I just got back from a walk where I was using the technique where you don't move forward until the dog stops pulling (thus it was very slow going at times), and some crazy lady starting yelling at me that she "can't stand people like me who expect puppies to behave like well mannered dogs" (I'm not sure how she expects them to become that way?). Obviously I know I'm in the right, but it just bugs the petunia out of me! 

On a good note though, the four times Brooklyn picked up a rock on our walk she dropped them every time I told her to (I was having a really bad time with her gulping them and was almost to the point of muzzling her for her own safety). The countless time spent in the evening on "drop it" in the living room has paid off! Now I just have to get the "leave it" perfected for the countless amounts of goose poo in the park!

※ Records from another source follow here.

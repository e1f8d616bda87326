-- ===== src/Gui/App.antt =====
-- crates/gui/src/app.rs, `update`: what a message does to the application.
pub mod Laws
pub mod Health
pub mod Kept
mod Tests
use owncloud_sync_client.Common.{
  ℕ, String, ◌<>◌, Bool, true, false, not, ◌&&◌, Option, none, some, List, [], ◌∷◌, ◌++◌, map, keep,
  contains, ◌==◌, ◌!=◌, leb, ◌-◌, ◌+◌, string_eq, number_eq, if◌then◌else◌,
}
use Prim.Native.Char.{Char, code}
use owncloud_sync_client.Common.Texts.{is_empty, trim_end_matches}
use owncloud_sync_client.SyncEngine.Types.{Uuid}
use owncloud_sync_client.Daemon.Ipc.{DaemonCommand, SpaceSelection}
use owncloud_sync_client.Gui.Model.{
  FolderStatus, FolderView, AccountView, SpaceInfo, View, Language, App, Message, Task, try_send,
  send, sync_tray,
}
use owncloud_sync_client.Gui.Events.{update_folder, find_account, folders_of, handle_daemon_event}

-- `t!`, `str::trim`, `Path::parent` and `dirs::home_dir` with `ownCloud` joined to it.
pub record Platform : Type 0 where
  pub translate : Language → String → String
  pub trim : String → String
  pub parent : String → Option String
  pub home_root : Option String

lower : ℕ → ℕ
lower c = if leb b'A' c && leb c b'Z' then c + 32 else c

-- The text without an ASCII prefix in whatever case; the prefix is in lower case.
unfoldable pub strip_ignoring_case : String → String → Option String
unfolding lower
strip_ignoring_case String.[] s = some s
strip_ignoring_case (String.◌∷◌ d p) String.[] = none
strip_ignoring_case (String.◌∷◌ d p) (String.◌∷◌ c s) =
    let rest = strip_ignoring_case p s in if lower (code c) == code d then rest else none

abbrev or_else : Option String → String → String
or_else none s = s
or_else (some t) s = t

unfoldable pub strip_url_schema : String → String
unfolding strip_ignoring_case
strip_url_schema s =
    or_else (strip_ignoring_case "https://" s) (or_else (strip_ignoring_case "http://" s) s)

abbrev pub set_folder_status : Uuid → FolderStatus → App → App
set_folder_status id status app = record app {
  accounts = update_folder id (λ f. record f { status = status }) app.accounts;
}

abbrev insert_text : String → List String → List String
insert_text s set = if contains set s then set else set ++ s ∷ []

abbrev pub set_window_visibility : Option ℕ → Bool → Task
set_window_visibility none visible = Task.nothing
set_window_visibility (some id) visible = Task.set_visible id visible

abbrev pub close_window : ℕ → Option Bool → App → App × Task
close_window id none app = (app, Task.exit)
close_window id (some shown) app =
    (record app { window_visible = false }, Task.set_visible id false)

abbrev on_url_changed : String → View → View
on_url_changed url (View.add_account old error) = View.add_account url error
on_url_changed url view = view

abbrev on_toggle : String → Bool → View → View
on_toggle id on (View.pick_spaces account spaces selected error) =
    View.pick_spaces account spaces
      (if on then insert_text id selected else keep (λ s. s != id) selected) error
on_toggle id on view = view

abbrev on_picked : Option String → View → View
on_picked (some path) (View.pick_root_folder account spaces old error) =
    View.pick_root_folder account spaces (some path) none
on_picked picked view = view

unfoldable pub selected_spaces : List SpaceInfo → List String → List SpaceInfo
selected_spaces spaces selected = keep (λ (s : SpaceInfo). contains selected s.id) spaces

-- A command for each chosen space.
unfoldable pub send_spaces : Uuid → String → List SpaceInfo → App → App
send_spaces id root [] app = app
send_spaces id root (s ∷ spaces) app = send_spaces id root spaces (
    send (DaemonCommand.add_account_space id s.id (trim_end_matches b'/' root <> ("/" <> s.name)))
      app)

abbrev selection : SpaceInfo → SpaceSelection
selection s = record { space_id = s.id; display_name = s.name }

abbrev pub submit_root : Uuid → View → App → App
submit_root id (View.pick_root_folder account spaces (some root) error) app =
    send (DaemonCommand.set_account_folders id root (map selection spaces)) app
submit_root id view app = app

module _ (P : Platform) where
  unfoldable pub derive_root : List String → String
  derive_root [] = or_else P.home_root "/tmp/ownCloud"
  derive_root (path ∷ paths) = or_else (P.parent path) (or_else P.home_root "/tmp/ownCloud")

  -- `AddAccountSubmit`, for the text with its scheme removed.
  abbrev pub submit_url : String → Option String → App → App
  submit_url url error app =
      if is_empty url
      then record app {
        active_view = View.add_account url (some (P.translate app.language "error_enter_url"));
      }
      else let sent = try_send (DaemonCommand.add_account url) app.daemon in
        record app {
          daemon = sent.1;
          active_view =
              if sent.0
              then View.add_account_waiting 0 url
              else View.add_account url (some (P.translate app.language "error_not_connected"));
        }

  abbrev pub on_submit : View → App → App
  on_submit (View.add_account url error) app = submit_url (strip_url_schema (P.trim url)) error app
  on_submit view app = app

  -- `PickSpacesNext`, with the folders of the account.
  abbrev pub on_next : Uuid → List FolderView → View → App → App
  on_next id [] (View.pick_spaces account spaces selected error) app = record app {
    active_view = View.pick_root_folder id (selected_spaces spaces selected) none none;
  }
  on_next id (f ∷ folders) (View.pick_spaces account spaces selected error) app =
      record (send_spaces id (derive_root (map (λ (f : FolderView). f.local_path) (f ∷ folders)))
        (selected_spaces spaces selected) app) { active_view = View.account_settings id }
  on_next id folders view app = app

  unfoldable pub update : Message → App → App × Task
  unfolding handle_daemon_event update_folder strip_url_schema selected_spaces send_spaces
      derive_root try_send send sync_tray
  update (Message.daemon_event event) app = (handle_daemon_event event app, Task.nothing)
  update Message.daemon_disconnected app = (app, Task.nothing)
  update (Message.navigate_to view) app = (record app { active_view = view }, Task.nothing)
  update Message.toggle_window app = (
    record app { window_visible = not app.window_visible },
    set_window_visibility app.window_id (not app.window_visible),
  )
  update (Message.window_opened id) app = (record app { window_id = some id }, Task.nothing)
  update (Message.window_close_requested id) app = close_window id app.tray app
  update (Message.add_account_url_changed url) app =
      (record app { active_view = on_url_changed url app.active_view }, Task.nothing)
  update Message.add_account_submit app = (on_submit app.active_view app, Task.nothing)
  update (Message.toggle_space_selection account space on) app =
      (record app { active_view = on_toggle space on app.active_view }, Task.nothing)
  update (Message.pick_spaces_next id) app =
      (on_next id (folders_of (find_account id app.accounts)) app.active_view app, Task.nothing)
  update Message.pick_root_folder_browse app = (app, Task.pick_folder)
  update (Message.pick_root_folder_picked picked) app =
      (record app { active_view = on_picked picked app.active_view }, Task.nothing)
  update (Message.pick_root_folder_submit id) app =
      (submit_root id app.active_view app, Task.nothing)
  update (Message.add_space_clicked id) app =
      (send (DaemonCommand.list_spaces id) app, Task.nothing)
  update (Message.accept_discovered_space id space path) app =
      (send (DaemonCommand.add_account_space id space path) app, Task.nothing)
  update (Message.dismiss_discovered_space id space) app =
      (send (DaemonCommand.dismiss_space id space) app, Task.nothing)
  update (Message.pause_folder id) app = (
    set_folder_status id FolderStatus.paused (send (DaemonCommand.pause_folder id) app),
    Task.nothing,
  )
  update (Message.resume_folder id) app = (
    set_folder_status id FolderStatus.idle (send (DaemonCommand.resume_folder id) app),
    Task.nothing,
  )
  update (Message.force_sync_folder id) app =
      (send (DaemonCommand.trigger_sync id) app, Task.nothing)
  update (Message.remove_account id) app = (
    record (send (DaemonCommand.remove_account id) app) {
      accounts = keep (λ (a : AccountView). a.id != id) app.accounts;
      active_view = View.sync_status;
    },
    Task.nothing,
  )
  update (Message.open_folder path) app = (app, Task.open_path path)
  update Message.quit app = (send DaemonCommand.quit app, Task.exit)
  update Message.show_about app = (
    record app { window_visible = true; active_view = View.about },
    set_window_visibility app.window_id true,
  )
  update Message.start_daemon app = (app, Task.nothing)
  update (Message.open_url url) app = (app, Task.open_path url)
  update (Message.daemon_connected connection) app = (app, Task.nothing)
  update (Message.language_changed language) app =
      (sync_tray (record app { language = language }), Task.save_config language)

Thanks for lettting me vent.


----------



## redrover (Mar 17, 2011)

People do that all the time. It's particularly fun when the person doesn't own a dog themselves.

I've gotten dirty looks for not moving forward when Jasper pulls. Sometimes it's because he's acting like a diva about it, but sometimes it's because the person actually thinks I'm expecting too much from a puppy. Sometimes I feel energetic enough to explain that I _don't_ expect him to walk perfectly as a puppy. That's kinda what the training is for. But other times I just give them a nice, cold stare and they awkwardly walk away. 

It's like having kids, I imagine. Everyone knows a better way to raise your kids, and everyone knows your kids better than you do. It's obnoxious and annoying, but harmless, I suppose. Just stick to your guns!

And congrats on the "Drop it!" command! Jasper's still learning that one--I waited a little too long to teach it to him, and now he's at a stubborn age.


----------



## Crazy Kian (Aug 10, 2009)

There is an older lady who I see a few times a week on our walks in the morning. She will always ask me why I insist on using the "torture" collar on Kian (his prong) and she usually asks how much I feed him.
"You can see his ribs and all his muscles" :

Once I told her to please mind her own business. I told her I never made comments about her out of shape dog so she should just keep quiet about my dog.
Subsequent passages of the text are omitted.